THERE must be magic in the air.
That, according to Once Upon a Time star Lana Parrilla, could be why her latest ABC series is a hit, while her previous efforts Boomtown (2002-2003), Windfall (2006), Swingtown (2008) and Miami Medical (2010) – more conventionally crafted to be hits, one and all, than the one-of-a-kind Once Upon a Time – quickly vanished from the television landscape.
“I really think Once Upon a Time is a magical show,” says Parrilla, the ravenhaired beauty who plays the Evil Queen and Regina Mills. “It has magic built in on so many different levels, from a very talented cast to extremely talented writers, and the concept is very unique.
“A very unique concept, like we had with ‘Swingtown,’ can really hurt a show sometimes,” she concedes, “because it’s just so out there and so broad that an audience has a difficult time catching on. This show, you have very familiar stories, fairy-tale stories that we’ve all grown up reading and that we loved. We have characters that we’ve all loved and want to emulate. These stories date so far back that we can bring in viewers who are 75 years old, who loved the fairy tales and Disney movies and all of that. And then, because these stories and characters are still so popular, we can also bring in a very young audience. So I just think Once Upon a Time appeals to everyone across the board.
“Then, even beyond that, the writing and storytelling are so good,” Parrilla adds.
“(Producers Adam Horowitz and Eddie Kitsis) had six years of experience on Lost (2004-2010), and they know how to flesh out characters and tie in worlds.
“The show can – and does – go in so many directions,” the actress continues.
“It’s endless, the stories we can tell, and that keeps an audience interested. We’re not stuck in the same hospital all the time, and everything shifts and changes, and the characters are going through so many different layers of emotion.

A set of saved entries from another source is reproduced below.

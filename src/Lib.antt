-- ===== src/Lib.antt =====
-- A verification library for the string core of lighttpd 1.4, its queues of chunks, and the reading of
-- requests (the C files under src/).
--
-- Every part of the server keeps its strings in the buffer of src/buffer.c: a block from malloc, its
-- size, and the number of bytes in use, the terminating zero included. A request's URL is decoded in
-- place (buffer_urldecode_path), the path is simplified in place (buffer_path_simplify), and what the
-- server prints goes through the encoders and the number printers, which append to a buffer.
-- src/keyvalue.c holds the tables that the request parser and the response writer look up.
--
-- What is received and sent waits in the chunk queues of src/chunk.c: a chunk is a buffer or a piece
-- of a file. connection_handle_read (src/connections-glue.c) reads into the last chunk of the read
-- queue of a connection. connection_handle_read_state (src/connections.c) looks for the end of the
-- request header there and takes the header off, and connection_handle_read_post_state
-- (src/connections-glue.c) moves the body to another queue. src/http_chunk.c writes a response to the
-- write queue, in memory or, where there is too much, in temporary files.
--
-- The modules, with the code that each models:
--   Base        names from the libraries, Boolean tests on numbers, lists measured by numbers
--   Memory      blocks of memory as lists of bytes; force_assert (src/buffer.h)
--   Buffer      the buffer and its operations: buffer_init, buffer_reset, buffer_move, buffer_alloc,
--               buffer_realloc, the two buffer_string_prepare functions, buffer_string_set_length,
--               buffer_commit, the copy and append functions, buffer_append_slash
--   Chars       light_isdigit and its like, int2hex, hex2int, li_tohex, buffer_copy_string_hex
--   Encode      buffer_append_string_encoded with its tables, buffer_append_string_c_escaped
--   Url         buffer_urldecode_internal, _path and _query
--   Path        buffer_path_simplify
--   Number      utostr, itostr, the functions that print numbers with them, buffer_append_uint_hex
--   Host        the scan of the name in request_check_hostname of src/request.c
--   Case        buffer_to_lower, buffer_to_upper, buffer_caseless_compare
--   KeyValue    the tables and lookups of src/keyvalue.c
--   Splay       splaytree_splay, splaytree_insert and splaytree_delete of src/splaytree.c, the index
--               of the stat cache
--   Chunk       the chunk and the queue of src/chunk.h; chunk_init, chunk_reset,
--               chunk_remaining_length, and the cache of unused chunks
--   Chunkqueue  the operations of src/chunk.c: appending and prepending, chunkqueue_reset, the
--               length, chunkqueue_mark_written, the removal of finished and of empty chunks; in
--               Transfer chunkqueue_steal and the memory to read into; in Tempfile
--               chunkqueue_append_mem_to_tempfile; in Spill chunkqueue_steal_with_tempfiles
--   Connection  connection_handle_read and connection_handle_read_state, the search for the end of the
--               header in HeaderEnd, connection_handle_read_post_state in Post
--   HttpChunk   src/http_chunk.c: what a response writes, with the framing of the chunked encoding
--   Tests       runs at concrete inputs
-- The file of a module has the definitions, and its child modules have the proofs, those named last
-- apart. A function keeps its name less the prefix buffer_ (or li_); a C variable keeps its name.
--
-- A run is an Outcome: it returns (ok), it ends in a failed force_assert (aborted), or it accesses a
-- byte outside a block, goes through a null pointer or runs out of fuel (fault). A theorem that a call
-- is ok thus says that it returns and stays inside its blocks. Memory is an argument: an Allocator says
-- which sizes malloc and realloc grant, and which bytes new memory holds. Theorems that need memory
-- assume that every request is granted; a request of one size always has the same answer. size_t has
-- 64 bits, and its addition wraps around where the code relies on it; a char is its unsigned value.
--
-- `Holds b s` says that the block of b holds the bytes s, a zero after them, and that the fields used
-- and size agree with it; `Stores b s` allows an empty string in an unused buffer also. The operations
-- are compared with functions on lists of bytes through these predicates.
--
-- A queue stands for a list of octets, `stream`: bytes in memory, or places in a named file. IsQueue
-- is its invariant: its buffers hold strings, no chunk has sent more than it has, the cache is reset
-- and bounded, and the counters bytes_in and bytes_out are those of the octets. An off_t is a number,
-- and the pointer `last` is the end of the chain. `calls` is no field of the code: it has the system
-- calls that the queue made, in their order. The two queues of a move are not the same. What the
-- caller of chunkqueue_get_memory writes there is fill_memory.
--
-- The answers of the system are arguments: of FIONREAD and read in a Socket, of the clocks in a Clock,
-- of mkstemp, write and close for temporary files in a Disk, which may depend on the calls before. Of
-- read it is assumed that it gives no more than it is asked for.
--
-- Loops over a string or a chain of chunks are structural where the bound is in the code. The others
-- run on fuel: the two loops of the URL decoder, the loop over leading spaces and the main loop of the
-- path simplifier have as much as the field used; a round reads one byte more, and they end at the
-- zero. The loop that counts nibbles has 8 rounds, for the 8 bytes of a uintmax_t. The loop of a splay
-- has as many rounds as the tree has nodes, since each goes further down. Running out is a fault, so a
-- theorem that a call is ok says that the fuel was enough. The loop that writes to a temporary file has
-- its fuel as an argument, since it ends by what the system answers.
--
-- Not modelled: an appended string that is part of the buffer's own block (the code reads it after
-- realloc), the part of buffer_path_simplify for Windows, buffer_append_strftime, the messages of
-- failed assertions, the other comparisons and the searches of src/buffer.c,
-- buffer_copy_string_encoded_cgi_varnames, the part of request_check_hostname before its scan,
-- reading over TLS and on Windows, the log, and the other components of the server.
pub mod Base
pub mod Memory
pub mod Buffer
pub mod Chars
pub mod Encode
pub mod Url
pub mod Number
pub mod Path
mod Tests
pub mod KeyValue
pub mod Splay
pub mod Host
pub mod Case
pub mod Chunk
pub mod Chunkqueue
pub mod Connection
pub mod HttpChunk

“That keeps me interested as an actor working on the show,” she says, “and I can only imagine, as a viewer watching it one hour a week, how it could be so captivating.” Now in its second season, Once Upon a Time continues to follow the lives of its many characters, fairy-tale figures living as normal, everyday people in the real-world, modern-day town of Storybrooke, Maine.
They’re in Storybrooke thanks to a curse cast upon them by the Evil Queen. The show veers back and forth between Storybrooke and the Fairy Tale World, revealing the back stories of Snow White- Mary Margaret (Ginnifer Goodwin), Emma Swan (Jennifer Morrison), Prince Charming-David Nolan (Josh Dallas), Rumplestiltskin-Mr Gold (Robert Carlyle), the Wicked Queen-Regina Mills and more.

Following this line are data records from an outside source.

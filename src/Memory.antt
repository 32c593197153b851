-- ===== src/Memory.antt =====
-- Blocks of memory as lists of bytes, and the ways in which a run of the program ends.
-- `force_assert` (buffer.h) ends the process; an access outside a block is a fault.
pub mod Blocks
pub mod Ends
pub mod Shift
use Prim.Native.Char.{code}
use Prim.Native.String.{String}
use lighttpd.Base.{ℕ, zero, suc, ◌+◌, ◌%◌, ◌^◌, Bool, true, false, List, [], ◌∷◌}

pub data Outcome {ℓ} (A : Type ℓ) : Type ℓ where
  ok : A → Outcome A
  aborted : Outcome A
  fault : Outcome A

infixl 5 ◌>>=◌ ◌>>◌
abbrev pub ◌>>=◌ {ℓ κ} : {A : Type ℓ} {B : Type κ} → Outcome A → (A → Outcome B) → Outcome B
ok a >>= f = f a
aborted >>= f = aborted
fault >>= f = fault

abbrev pub ◌>>◌ {ℓ} : {B : Type ℓ} → Outcome (Unit {0}) → Outcome B → Outcome B
m >> k = m >>= λ _. k

-- `force_assert(x)`
abbrev pub force_assert : Bool → Outcome (Unit {0})
force_assert true = ok tt
force_assert false = aborted

abbrev pub Bytes : Type 0
Bytes = List ℕ

abbrev pub size_mod : ℕ
size_mod = 2 ^ 64

-- `size_t` addition wraps around.
abbrev pub add_size : ℕ → ℕ → ℕ
add_size a b = (a + b) % size_mod

-- What the C library gives: whether a request for so many bytes is granted, and which bytes
-- new memory happens to hold at each offset.
pub record Allocator : Type 0 where
  pub grants : ℕ → Bool
  pub junk : ℕ → ℕ

-- `n` new bytes from an offset on
abbrev pub fresh : Allocator → ℕ → ℕ → Bytes
fresh h i zero = []
fresh h i (suc n) = h.junk i ∷ fresh h (i + 1) n

-- `p[i]` in a block
unfoldable pub load : Bytes → ℕ → Outcome ℕ
load [] i = fault
load (x ∷ m) zero = ok x
load (x ∷ m) (suc i) = load m i

-- `p[i] = v`
unfoldable pub store : Bytes → ℕ → ℕ → Outcome Bytes
store [] i v = fault
store (x ∷ m) zero v = ok (v ∷ m)
store (x ∷ m) (suc i) v = store m i v >>= λ m'. ok (x ∷ m')

-- The bytes of a literal, which is ASCII
abbrev pub codes : String → Bytes
codes String.[] = []
codes (String.◌∷◌ c s) = code c ∷ codes s

-- `memcpy(p + i, s, n)`, from a source outside the block
unfoldable pub memcpy : Bytes → ℕ → Bytes → Outcome Bytes
memcpy m i [] = ok m
memcpy m i (x ∷ s) = store m i x >>= λ m'. memcpy m' (i + 1) s
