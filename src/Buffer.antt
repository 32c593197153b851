-- ===== src/Buffer.antt =====
-- The string buffers of src/buffer.c and src/buffer.h.
pub mod Holds
pub mod Room
pub mod Write
pub mod Slash
pub mod Resize
use lighttpd.Base.{
  ℕ, zero, suc, ◌+◌, ◌-◌, ◌%◌, ◌≡◌, Bool, true, false, not, ◌&&◌, List, [], ◌∷◌, ◌++◌, ltb, leb,
  ◌==◌, if◌then◌else◌, length, take,
}
use lighttpd.Memory.{
  Outcome, ok, aborted, ◌>>=◌, ◌>>◌, force_assert, Bytes, size_mod, add_size, Allocator, fresh,
  load, store, memcpy,
}

-- `buffer`; a null pointer is the block of no bytes.
pub record Buffer : Type 0 where
  pub ptr : Bytes
  pub used : ℕ
  pub size : ℕ

-- `buffer_init`
abbrev pub init : Buffer
init = record { ptr = []; used = 0; size = 0 }

abbrev pub buffer_max_reuse_size : ℕ
buffer_max_reuse_size = 4096

abbrev pub buffer_piece_size : ℕ
buffer_piece_size = 64

-- `buffer_string_length`
unfoldable pub string_length : Buffer → ℕ
string_length b = if b.used == 0 then 0 else b.used - 1

unfoldable pub string_space : Buffer → ℕ
string_space b =
    if b.size == 0
    then 0
    else if b.used == 0
    then b.size - 1
    else (b.size + size_mod - b.used) % size_mod

unfoldable pub is_empty : Buffer → Bool
is_empty b = b.used == 0

unfoldable pub string_is_empty : Buffer → Bool
unfolding string_length
string_is_empty b = string_length b == 0

unfoldable pub reset : Buffer → Outcome Buffer
reset b =
    if ltb buffer_max_reuse_size b.size
    then ok init
    else if ltb 0 b.size
    then (store b.ptr 0 0 >>= λ m. ok (record b { ptr = m; used = 0 }))
    else ok (record b { used = 0 })

-- `buffer_move`, for two buffers: the new `b` and the new `src`
unfoldable pub move : Buffer → Buffer → Outcome (Buffer × Buffer)
move b src = reset b >>= λ b'. ok (src, b')

unfoldable pub align_size : ℕ → ℕ
align_size size =
    let align = buffer_piece_size - size % buffer_piece_size in
    if ltb (add_size size align) size then size else add_size size align

abbrev at_least_one : ℕ → ℕ
at_least_one size = if size == 0 then 1 else size

module _ (h : Allocator) where
  -- `buffer_alloc`: old data is dropped
  unfoldable pub alloc : Buffer → ℕ → Outcome Buffer
  alloc b size =
      let size' = at_least_one size in
      let n = align_size size' in
      if leb size' b.size
      then ok b
      else if h.grants n
      then ok (record { ptr = fresh h 0 n; used = 0; size = n })
      else aborted

  -- `buffer_realloc`: old data is kept; the block only grows
  unfoldable pub realloc : Buffer → ℕ → Outcome Buffer
  realloc b size =
      let size' = at_least_one size in
      let n = align_size size' in
      if leb size' b.size
      then ok b
      else if h.grants n
      then ok (record b { ptr = b.ptr ++ fresh h b.size (n - b.size); size = n })
      else aborted

  -- `buffer_string_prepare_copy`; the pointer returned is the start of the block
  unfoldable pub string_prepare_copy : Buffer → ℕ → Outcome (Buffer × ℕ)
  string_prepare_copy b size = do
    force_assert (ltb size (add_size size 1))
    b' ← alloc b (add_size size 1)
    m ← store b'.ptr 0 0
    ok (record b' { used = 1; ptr = m }, 0)

  -- `buffer_string_prepare_append`; the pointer returned is the place of the terminating zero
  unfoldable pub string_prepare_append : Buffer → ℕ → Outcome (Buffer × ℕ)
  string_prepare_append b size = if string_is_empty b then string_prepare_copy b size else do
    force_assert (leb b.used (add_size b.used size))
    b' ← realloc b (add_size b.used size)
    ok (b', b'.used - 1)

  unfoldable pub string_set_length : Buffer → ℕ → Outcome Buffer
  string_set_length b len = do
    force_assert (ltb len (add_size len 1))
    b' ← realloc b (add_size len 1)
    m ← store b'.ptr len 0
    ok (record b' { used = len + 1; ptr = m })

-- `buffer_commit`
commit_used : ℕ → ℕ → ℕ → Outcome ℕ
commit_used used size b_size = if size == 0 then ok used else do
  force_assert (ltb used (add_size used size))
  force_assert (leb (add_size used size) b_size)
  ok (add_size used size)

unfoldable pub commit : Buffer → ℕ → Outcome Buffer
unfolding commit_used
commit b size = do
  force_assert (ltb 0 b.size)
  used ← commit_used (if b.used == 0 then 1 else b.used) size b.size
  m ← store b.ptr (used - 1) 0
  ok (record b { used = used; ptr = m })

module _ (h : Allocator) where
  -- `buffer_copy_string_len` of a string that is not part of the buffer
  unfoldable pub copy_string_len : Buffer → Bytes → Outcome Buffer
  copy_string_len b s = do
    (b', _) ← string_prepare_copy h b (length s)
    m ← memcpy b'.ptr 0 s
    commit (record b' { ptr = m }) (length s)

  unfoldable pub copy_buffer : Buffer → Buffer → Outcome Buffer
  copy_buffer b src =
      if src.used == 0
      then (string_prepare_copy h b 0 >>= λ r. ok (record (r.0) { used = 0 }))
      else copy_string_len b (take (src.used - 1) src.ptr)

  -- `buffer_append_string_len` of a string that is not part of the buffer
  unfoldable pub append_string_len : Buffer → Bytes → Outcome Buffer
  append_string_len b s = do
    (b', target) ← string_prepare_append h b (length s)
    if length s == 0
        then ok b'
        else do m ← memcpy b'.ptr target s; commit (record b' { ptr = m }) (length s)

  unfoldable pub append_string_buffer : Buffer → Buffer → Outcome Buffer
  append_string_buffer b src = append_string_len b (take (string_length src) src.ptr)

  -- `buffer_append_slash`
  unfoldable pub append_slash : Buffer → Outcome Buffer
  append_slash b = if string_length b == 0 then ok b else do
    c ← load b.ptr (string_length b - 1)
    if c == b'/' then ok b else append_string_len b (b'/' ∷ [])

Mills is the mayor of Storybrooke and the single mother of her adopted son, Henry (Jared Gilmore), whose birth mother is Emma. At the end of Season 1, the curse had been broken and Mills had been exposed and rendered powerless. Now, in Season 2, she’s got her powers back, but her relationship with Henry has been damaged and she must contend with her own powerful and evil mother, Cora (Barbara Hershey).
“I love Regina,” Parrilla says, speaking by telephone from the show’s set in Vancouver. “I love that she’s still discovering so much about who she is, that she doesn’t quite have it all figured out yet and that it’s a constant spiritual journey. I love that she’s impulsive and temperamental and makes mistakes, and then has these moments of revelation where she discovers she needs to take a different approach, not only with herself, but maybe with others around her. She’s complicated and not just black-and-white.
“What we’re doing now is really interesting,” she continues, “because she’s now summoning magic in a different way than we’ve seen her use it in the past, which is that she’s dependent on this book. Then, in using this book and in using its magic, she’s becoming the one person she hates the most, which is her mom. So Regina has a choice, and she’s chosen to put all that aside and to really redeem herself and win her son’s love back, more or less magic-free.
“It almost feels like she’s in magic AA” But, really, how long can this reformation possibly last? “Exactly,” the actress says, laughing.
“We all know that she’s not going to stay in this place. There’s just no way. She ended up here for a reason, and I don’t know what this new newfound revelation means for her. Does she need to become a better person or rise above all this? I have a feeling that it’s going to serve her to a degree and then something will turn. Something at some point will turn, and we’ll see flashes again of who Regina was before the redemption.
“I have to still play with that,” Parrilla says, “because I haven’t quite done it yet, but I have some ideas of how I want to play her once she becomes the Evil Queen again.”